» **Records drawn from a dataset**
==========

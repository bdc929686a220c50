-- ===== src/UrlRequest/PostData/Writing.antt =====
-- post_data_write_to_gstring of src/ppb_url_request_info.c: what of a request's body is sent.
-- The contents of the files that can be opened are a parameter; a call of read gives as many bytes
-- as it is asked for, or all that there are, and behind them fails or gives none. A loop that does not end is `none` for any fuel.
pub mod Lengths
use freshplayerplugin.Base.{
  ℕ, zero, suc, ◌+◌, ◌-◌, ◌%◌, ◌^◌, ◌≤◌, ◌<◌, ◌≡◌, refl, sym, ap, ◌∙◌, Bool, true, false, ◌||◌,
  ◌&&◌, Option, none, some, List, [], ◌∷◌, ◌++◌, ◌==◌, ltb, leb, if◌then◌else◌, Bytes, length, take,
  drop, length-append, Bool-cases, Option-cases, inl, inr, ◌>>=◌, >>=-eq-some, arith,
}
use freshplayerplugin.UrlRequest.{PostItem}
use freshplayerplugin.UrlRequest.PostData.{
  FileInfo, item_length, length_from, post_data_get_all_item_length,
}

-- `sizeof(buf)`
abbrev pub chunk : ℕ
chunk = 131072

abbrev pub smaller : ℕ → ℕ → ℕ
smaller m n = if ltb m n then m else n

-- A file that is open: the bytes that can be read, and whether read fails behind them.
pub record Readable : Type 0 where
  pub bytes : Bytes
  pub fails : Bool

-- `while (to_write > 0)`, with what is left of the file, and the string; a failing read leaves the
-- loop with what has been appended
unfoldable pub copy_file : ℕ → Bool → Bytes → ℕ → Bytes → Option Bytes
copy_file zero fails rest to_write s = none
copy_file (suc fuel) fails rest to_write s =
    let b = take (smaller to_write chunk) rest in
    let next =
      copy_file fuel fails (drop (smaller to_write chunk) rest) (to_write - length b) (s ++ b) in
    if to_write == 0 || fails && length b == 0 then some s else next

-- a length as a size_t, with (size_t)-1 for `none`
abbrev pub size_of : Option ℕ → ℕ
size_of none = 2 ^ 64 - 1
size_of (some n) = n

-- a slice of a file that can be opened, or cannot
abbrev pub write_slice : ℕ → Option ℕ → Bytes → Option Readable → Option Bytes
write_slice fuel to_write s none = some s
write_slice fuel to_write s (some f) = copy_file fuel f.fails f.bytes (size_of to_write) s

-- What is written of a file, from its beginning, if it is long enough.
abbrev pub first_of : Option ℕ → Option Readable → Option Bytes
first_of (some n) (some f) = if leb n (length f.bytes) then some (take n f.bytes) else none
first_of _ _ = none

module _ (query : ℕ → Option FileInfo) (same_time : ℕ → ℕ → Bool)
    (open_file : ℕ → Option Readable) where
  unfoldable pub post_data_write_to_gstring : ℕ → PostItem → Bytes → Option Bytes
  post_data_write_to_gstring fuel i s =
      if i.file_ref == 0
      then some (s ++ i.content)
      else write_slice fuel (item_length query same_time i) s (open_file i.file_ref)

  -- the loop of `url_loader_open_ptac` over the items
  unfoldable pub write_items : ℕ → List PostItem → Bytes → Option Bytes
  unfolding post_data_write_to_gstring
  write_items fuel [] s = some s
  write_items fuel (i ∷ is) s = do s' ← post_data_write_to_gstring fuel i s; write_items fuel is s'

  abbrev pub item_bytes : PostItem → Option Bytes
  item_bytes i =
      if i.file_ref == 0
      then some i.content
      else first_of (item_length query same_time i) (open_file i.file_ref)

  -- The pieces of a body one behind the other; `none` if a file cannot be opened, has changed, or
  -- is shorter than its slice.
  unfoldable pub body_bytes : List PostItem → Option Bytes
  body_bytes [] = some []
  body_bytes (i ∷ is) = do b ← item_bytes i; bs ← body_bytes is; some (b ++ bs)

==========

» **WORK INSTRUCTIONS**
Show the lines above that include "FileInfo".

» **SOLUTION FOR THIS TASK**
  FileInfo, item_length, length_from, post_data_get_all_item_length,
module _ (query : ℕ → Option FileInfo) (same_time : ℕ → ℕ → Bool)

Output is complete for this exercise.